## WORK TASK
Please take the lines from the one holding "(λ path s. then_write" through the one holding "or_none r = r" in the data below and copy them exactly.

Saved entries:
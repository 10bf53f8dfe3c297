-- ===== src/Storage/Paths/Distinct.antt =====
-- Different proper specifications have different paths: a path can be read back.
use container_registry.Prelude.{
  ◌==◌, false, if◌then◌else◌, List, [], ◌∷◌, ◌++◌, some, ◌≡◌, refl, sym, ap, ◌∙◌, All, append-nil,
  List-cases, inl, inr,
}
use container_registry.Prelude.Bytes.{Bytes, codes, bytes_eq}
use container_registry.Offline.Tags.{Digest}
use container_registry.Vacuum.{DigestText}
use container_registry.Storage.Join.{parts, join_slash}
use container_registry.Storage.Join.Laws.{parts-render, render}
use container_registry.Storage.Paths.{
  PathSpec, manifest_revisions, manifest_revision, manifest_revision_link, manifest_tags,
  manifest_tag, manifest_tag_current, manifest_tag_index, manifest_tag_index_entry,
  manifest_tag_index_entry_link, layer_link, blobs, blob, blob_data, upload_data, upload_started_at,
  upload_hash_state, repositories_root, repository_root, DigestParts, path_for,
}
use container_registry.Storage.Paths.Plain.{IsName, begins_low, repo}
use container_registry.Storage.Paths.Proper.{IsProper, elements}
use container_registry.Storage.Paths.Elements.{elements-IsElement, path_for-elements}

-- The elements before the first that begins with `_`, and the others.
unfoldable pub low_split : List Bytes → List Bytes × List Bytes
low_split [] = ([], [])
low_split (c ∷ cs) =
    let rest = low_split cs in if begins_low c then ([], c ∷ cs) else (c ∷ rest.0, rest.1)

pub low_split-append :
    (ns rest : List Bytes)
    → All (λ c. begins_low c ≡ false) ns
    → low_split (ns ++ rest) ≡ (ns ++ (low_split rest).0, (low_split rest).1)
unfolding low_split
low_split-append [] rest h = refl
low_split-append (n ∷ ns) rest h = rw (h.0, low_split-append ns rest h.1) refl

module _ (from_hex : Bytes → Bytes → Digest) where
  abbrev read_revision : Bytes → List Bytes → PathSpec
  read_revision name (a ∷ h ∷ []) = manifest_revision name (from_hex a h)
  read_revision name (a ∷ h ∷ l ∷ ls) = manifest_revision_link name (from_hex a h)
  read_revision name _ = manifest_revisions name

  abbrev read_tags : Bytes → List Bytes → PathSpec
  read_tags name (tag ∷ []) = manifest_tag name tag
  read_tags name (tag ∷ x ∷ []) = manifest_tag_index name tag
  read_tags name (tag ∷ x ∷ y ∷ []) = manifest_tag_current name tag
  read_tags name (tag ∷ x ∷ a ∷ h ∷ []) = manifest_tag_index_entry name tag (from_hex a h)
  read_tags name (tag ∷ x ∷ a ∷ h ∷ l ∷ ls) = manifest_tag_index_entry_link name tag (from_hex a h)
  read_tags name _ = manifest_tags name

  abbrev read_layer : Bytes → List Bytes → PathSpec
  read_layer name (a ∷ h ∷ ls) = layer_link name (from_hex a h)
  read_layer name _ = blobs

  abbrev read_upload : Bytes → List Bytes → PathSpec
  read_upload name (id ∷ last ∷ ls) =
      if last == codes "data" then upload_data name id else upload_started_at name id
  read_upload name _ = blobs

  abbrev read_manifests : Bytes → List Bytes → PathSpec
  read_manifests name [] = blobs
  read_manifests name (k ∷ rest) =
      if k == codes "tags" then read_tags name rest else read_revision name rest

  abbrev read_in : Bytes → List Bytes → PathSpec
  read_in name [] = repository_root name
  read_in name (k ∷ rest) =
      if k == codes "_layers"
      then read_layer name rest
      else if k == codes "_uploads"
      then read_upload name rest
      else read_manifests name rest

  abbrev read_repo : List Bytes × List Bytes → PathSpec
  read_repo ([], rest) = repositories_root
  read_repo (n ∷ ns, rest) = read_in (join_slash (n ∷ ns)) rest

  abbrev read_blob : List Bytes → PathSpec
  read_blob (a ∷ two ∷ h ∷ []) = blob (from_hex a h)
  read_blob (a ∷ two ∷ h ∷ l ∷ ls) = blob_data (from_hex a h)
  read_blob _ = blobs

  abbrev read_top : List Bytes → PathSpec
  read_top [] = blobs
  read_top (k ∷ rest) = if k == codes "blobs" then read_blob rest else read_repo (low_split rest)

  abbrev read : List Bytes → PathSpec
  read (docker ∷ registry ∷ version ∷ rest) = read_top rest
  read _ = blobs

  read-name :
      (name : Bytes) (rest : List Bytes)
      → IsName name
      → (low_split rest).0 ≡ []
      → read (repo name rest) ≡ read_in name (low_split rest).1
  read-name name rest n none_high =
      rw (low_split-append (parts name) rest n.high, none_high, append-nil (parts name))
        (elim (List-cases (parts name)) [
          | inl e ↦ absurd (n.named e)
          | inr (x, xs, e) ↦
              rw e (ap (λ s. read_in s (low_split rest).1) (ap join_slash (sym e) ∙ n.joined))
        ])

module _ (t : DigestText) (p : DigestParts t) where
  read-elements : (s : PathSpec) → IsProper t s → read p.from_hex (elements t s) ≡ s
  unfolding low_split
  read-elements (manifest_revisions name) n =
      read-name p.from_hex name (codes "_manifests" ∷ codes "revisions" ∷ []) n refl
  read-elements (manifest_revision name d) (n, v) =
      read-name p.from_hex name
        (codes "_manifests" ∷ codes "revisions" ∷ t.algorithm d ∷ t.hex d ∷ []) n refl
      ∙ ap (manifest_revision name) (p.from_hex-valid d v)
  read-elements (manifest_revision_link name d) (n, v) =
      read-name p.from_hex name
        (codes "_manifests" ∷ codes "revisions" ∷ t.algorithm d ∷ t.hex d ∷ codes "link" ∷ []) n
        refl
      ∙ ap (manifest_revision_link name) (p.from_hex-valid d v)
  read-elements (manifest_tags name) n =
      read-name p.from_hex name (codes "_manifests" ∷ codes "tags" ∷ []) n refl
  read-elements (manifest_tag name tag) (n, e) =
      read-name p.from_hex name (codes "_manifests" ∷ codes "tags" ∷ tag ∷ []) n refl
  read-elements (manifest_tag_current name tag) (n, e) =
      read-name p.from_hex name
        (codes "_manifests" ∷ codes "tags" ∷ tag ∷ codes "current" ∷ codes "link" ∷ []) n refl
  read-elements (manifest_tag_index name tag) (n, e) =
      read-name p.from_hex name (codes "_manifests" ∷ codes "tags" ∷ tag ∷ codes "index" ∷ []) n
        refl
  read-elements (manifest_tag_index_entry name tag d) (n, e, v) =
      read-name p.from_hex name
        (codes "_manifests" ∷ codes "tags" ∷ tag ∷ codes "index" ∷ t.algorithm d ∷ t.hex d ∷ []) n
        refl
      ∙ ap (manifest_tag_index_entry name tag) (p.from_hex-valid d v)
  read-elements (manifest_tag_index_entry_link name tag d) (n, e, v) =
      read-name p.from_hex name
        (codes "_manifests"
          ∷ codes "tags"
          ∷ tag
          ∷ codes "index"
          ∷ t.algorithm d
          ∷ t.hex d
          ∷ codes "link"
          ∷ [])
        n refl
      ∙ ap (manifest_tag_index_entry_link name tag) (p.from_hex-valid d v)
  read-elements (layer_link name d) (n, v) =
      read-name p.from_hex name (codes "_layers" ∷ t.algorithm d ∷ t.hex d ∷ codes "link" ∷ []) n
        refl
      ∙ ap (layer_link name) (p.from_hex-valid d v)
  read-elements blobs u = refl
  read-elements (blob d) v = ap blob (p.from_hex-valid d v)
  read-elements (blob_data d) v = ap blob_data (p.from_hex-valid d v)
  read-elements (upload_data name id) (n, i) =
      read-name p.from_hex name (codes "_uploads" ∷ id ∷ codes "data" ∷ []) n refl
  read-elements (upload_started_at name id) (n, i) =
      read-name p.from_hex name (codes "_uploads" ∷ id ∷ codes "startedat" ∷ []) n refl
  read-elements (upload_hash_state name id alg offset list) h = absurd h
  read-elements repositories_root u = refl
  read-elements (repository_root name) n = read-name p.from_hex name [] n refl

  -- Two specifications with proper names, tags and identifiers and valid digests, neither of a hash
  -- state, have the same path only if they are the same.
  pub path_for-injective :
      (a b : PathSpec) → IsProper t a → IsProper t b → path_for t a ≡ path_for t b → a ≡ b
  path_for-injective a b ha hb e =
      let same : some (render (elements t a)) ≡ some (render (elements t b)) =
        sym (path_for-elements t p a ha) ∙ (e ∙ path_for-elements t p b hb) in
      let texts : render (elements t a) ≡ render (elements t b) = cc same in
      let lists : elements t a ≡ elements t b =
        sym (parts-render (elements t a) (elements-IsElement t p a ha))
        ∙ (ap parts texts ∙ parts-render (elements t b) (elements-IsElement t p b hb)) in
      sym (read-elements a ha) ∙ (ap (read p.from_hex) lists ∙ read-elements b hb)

...

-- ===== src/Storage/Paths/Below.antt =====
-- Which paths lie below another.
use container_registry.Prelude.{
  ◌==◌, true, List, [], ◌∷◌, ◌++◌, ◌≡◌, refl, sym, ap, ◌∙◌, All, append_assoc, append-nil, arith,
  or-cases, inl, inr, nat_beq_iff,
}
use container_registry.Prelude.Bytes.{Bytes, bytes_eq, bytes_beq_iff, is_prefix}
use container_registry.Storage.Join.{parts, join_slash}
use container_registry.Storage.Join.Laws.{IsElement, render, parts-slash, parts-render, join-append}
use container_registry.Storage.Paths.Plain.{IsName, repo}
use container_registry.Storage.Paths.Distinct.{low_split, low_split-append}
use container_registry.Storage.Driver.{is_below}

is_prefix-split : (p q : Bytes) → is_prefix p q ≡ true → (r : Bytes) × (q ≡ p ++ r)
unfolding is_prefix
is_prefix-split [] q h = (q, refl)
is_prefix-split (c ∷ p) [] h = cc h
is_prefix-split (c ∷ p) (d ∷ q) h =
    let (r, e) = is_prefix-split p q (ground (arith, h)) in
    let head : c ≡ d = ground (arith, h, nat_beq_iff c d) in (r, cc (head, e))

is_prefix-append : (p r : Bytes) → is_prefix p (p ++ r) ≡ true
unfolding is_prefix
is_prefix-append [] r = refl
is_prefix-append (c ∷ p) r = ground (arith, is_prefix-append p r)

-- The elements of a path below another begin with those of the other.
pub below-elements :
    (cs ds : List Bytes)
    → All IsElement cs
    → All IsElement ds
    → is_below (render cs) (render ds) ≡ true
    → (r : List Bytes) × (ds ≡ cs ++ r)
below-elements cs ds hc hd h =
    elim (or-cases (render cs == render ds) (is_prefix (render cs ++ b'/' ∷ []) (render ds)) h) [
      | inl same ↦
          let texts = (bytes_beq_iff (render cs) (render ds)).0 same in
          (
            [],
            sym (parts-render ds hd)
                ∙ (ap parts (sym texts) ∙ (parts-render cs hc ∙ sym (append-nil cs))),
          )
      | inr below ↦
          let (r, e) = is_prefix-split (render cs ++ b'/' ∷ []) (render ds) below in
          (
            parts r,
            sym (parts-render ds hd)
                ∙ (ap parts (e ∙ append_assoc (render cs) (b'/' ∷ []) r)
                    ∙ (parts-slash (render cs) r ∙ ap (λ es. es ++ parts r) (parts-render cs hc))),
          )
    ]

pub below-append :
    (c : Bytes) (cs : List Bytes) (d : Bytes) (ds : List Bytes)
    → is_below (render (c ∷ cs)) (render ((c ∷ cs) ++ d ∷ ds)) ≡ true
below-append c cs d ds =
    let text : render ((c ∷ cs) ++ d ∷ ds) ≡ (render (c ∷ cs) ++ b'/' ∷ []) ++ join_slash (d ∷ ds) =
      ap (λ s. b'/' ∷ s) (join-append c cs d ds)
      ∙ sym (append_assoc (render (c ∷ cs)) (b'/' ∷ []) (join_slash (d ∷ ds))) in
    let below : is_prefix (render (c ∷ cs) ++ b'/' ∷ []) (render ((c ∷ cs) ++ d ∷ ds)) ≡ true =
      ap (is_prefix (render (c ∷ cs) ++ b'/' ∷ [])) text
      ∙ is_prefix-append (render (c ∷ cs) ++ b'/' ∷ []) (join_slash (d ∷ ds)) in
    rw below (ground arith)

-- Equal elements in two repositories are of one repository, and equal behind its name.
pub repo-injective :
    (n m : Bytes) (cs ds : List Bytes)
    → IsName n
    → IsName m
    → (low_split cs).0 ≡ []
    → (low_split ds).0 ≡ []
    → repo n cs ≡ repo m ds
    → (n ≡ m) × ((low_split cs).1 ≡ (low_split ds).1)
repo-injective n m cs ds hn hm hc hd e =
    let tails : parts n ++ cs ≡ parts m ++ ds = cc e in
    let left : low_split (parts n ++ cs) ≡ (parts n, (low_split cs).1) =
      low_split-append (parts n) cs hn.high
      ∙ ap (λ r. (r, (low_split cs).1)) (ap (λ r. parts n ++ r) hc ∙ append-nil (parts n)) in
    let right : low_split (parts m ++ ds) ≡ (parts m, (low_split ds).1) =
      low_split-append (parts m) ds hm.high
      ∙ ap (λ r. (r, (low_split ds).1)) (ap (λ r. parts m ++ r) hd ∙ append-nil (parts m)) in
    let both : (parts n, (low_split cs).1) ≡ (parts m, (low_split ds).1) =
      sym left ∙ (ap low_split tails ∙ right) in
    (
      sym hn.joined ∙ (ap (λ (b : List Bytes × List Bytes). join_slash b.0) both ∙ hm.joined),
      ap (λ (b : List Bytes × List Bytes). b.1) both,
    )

* * *

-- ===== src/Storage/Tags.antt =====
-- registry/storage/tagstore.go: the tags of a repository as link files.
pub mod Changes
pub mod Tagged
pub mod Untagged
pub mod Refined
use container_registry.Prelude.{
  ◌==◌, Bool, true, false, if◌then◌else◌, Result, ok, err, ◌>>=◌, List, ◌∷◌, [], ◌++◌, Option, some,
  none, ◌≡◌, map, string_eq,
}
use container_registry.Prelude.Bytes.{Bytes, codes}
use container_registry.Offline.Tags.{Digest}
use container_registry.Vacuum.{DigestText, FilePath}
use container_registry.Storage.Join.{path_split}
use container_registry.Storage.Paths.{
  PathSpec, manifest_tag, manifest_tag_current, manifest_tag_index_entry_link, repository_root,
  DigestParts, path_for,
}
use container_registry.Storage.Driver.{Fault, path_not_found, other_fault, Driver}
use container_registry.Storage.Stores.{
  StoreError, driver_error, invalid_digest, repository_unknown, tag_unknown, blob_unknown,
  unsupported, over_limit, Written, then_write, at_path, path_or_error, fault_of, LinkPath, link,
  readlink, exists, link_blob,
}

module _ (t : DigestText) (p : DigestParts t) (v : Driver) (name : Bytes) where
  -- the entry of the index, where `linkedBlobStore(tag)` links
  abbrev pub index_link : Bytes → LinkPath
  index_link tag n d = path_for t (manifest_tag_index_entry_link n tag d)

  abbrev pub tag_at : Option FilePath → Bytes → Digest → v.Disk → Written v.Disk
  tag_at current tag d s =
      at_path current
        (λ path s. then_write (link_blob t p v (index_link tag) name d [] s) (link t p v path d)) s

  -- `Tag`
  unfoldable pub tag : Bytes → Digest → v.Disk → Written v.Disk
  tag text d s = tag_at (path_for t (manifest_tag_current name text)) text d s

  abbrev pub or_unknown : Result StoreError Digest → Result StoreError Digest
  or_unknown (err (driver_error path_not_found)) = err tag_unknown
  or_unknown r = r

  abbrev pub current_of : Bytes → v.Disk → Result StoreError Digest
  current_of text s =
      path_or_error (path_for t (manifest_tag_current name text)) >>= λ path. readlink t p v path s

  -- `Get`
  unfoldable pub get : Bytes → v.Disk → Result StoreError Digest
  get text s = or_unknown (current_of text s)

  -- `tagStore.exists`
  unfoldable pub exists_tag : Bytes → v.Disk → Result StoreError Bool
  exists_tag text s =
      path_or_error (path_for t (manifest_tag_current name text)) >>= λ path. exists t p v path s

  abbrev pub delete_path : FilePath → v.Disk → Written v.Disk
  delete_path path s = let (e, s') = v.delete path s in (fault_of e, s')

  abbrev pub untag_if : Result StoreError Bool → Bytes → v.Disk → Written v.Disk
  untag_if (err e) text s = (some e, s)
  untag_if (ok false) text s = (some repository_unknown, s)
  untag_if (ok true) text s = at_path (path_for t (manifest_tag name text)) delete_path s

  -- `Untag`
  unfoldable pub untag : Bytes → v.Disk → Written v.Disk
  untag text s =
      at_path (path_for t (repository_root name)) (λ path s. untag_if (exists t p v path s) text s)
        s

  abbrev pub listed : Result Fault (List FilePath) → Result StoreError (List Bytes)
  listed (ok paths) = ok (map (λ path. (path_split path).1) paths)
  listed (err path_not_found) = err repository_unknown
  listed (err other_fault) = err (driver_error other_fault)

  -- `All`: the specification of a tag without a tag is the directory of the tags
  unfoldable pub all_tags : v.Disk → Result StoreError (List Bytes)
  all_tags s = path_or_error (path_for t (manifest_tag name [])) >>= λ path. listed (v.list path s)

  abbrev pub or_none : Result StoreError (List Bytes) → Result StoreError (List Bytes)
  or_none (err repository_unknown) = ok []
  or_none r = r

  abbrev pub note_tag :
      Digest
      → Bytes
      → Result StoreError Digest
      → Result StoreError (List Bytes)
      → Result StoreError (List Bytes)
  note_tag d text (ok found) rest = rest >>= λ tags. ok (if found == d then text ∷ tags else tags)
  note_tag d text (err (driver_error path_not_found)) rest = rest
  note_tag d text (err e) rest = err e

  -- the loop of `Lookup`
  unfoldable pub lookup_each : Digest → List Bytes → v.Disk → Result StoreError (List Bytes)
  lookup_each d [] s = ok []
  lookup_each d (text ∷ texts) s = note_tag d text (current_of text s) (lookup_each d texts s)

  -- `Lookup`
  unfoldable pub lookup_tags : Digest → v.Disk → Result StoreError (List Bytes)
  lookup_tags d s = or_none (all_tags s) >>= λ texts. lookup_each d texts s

## SOLVED EXERCISE
        (λ path s. then_write (link_blob t p v (index_link tag) name d [] s) (link t p v path d)) s

  -- `Tag`
  unfoldable pub tag : Bytes → Digest → v.Disk → Written v.Disk
  tag text d s = tag_at (path_for t (manifest_tag_current name text)) text d s

  abbrev pub or_unknown : Result StoreError Digest → Result StoreError Digest
  or_unknown (err (driver_error path_not_found)) = err tag_unknown
  or_unknown r = r

  abbrev pub current_of : Bytes → v.Disk → Result StoreError Digest
  current_of text s =
      path_or_error (path_for t (manifest_tag_current name text)) >>= λ path. readlink t p v path s

  -- `Get`
  unfoldable pub get : Bytes → v.Disk → Result StoreError Digest
  get text s = or_unknown (current_of text s)

  -- `tagStore.exists`
  unfoldable pub exists_tag : Bytes → v.Disk → Result StoreError Bool
  exists_tag text s =
      path_or_error (path_for t (manifest_tag_current name text)) >>= λ path. exists t p v path s

  abbrev pub delete_path : FilePath → v.Disk → Written v.Disk
  delete_path path s = let (e, s') = v.delete path s in (fault_of e, s')

  abbrev pub untag_if : Result StoreError Bool → Bytes → v.Disk → Written v.Disk
  untag_if (err e) text s = (some e, s)
  untag_if (ok false) text s = (some repository_unknown, s)
  untag_if (ok true) text s = at_path (path_for t (manifest_tag name text)) delete_path s

  -- `Untag`
  unfoldable pub untag : Bytes → v.Disk → Written v.Disk
  untag text s =
      at_path (path_for t (repository_root name)) (λ path s. untag_if (exists t p v path s) text s)
        s

  abbrev pub listed : Result Fault (List FilePath) → Result StoreError (List Bytes)
  listed (ok paths) = ok (map (λ path. (path_split path).1) paths)
  listed (err path_not_found) = err repository_unknown
  listed (err other_fault) = err (driver_error other_fault)

  -- `All`: the specification of a tag without a tag is the directory of the tags
  unfoldable pub all_tags : v.Disk → Result StoreError (List Bytes)
  all_tags s = path_or_error (path_for t (manifest_tag name [])) >>= λ path. listed (v.list path s)

  abbrev pub or_none : Result StoreError (List Bytes) → Result StoreError (List Bytes)
  or_none (err repository_unknown) = ok []
  or_none r = r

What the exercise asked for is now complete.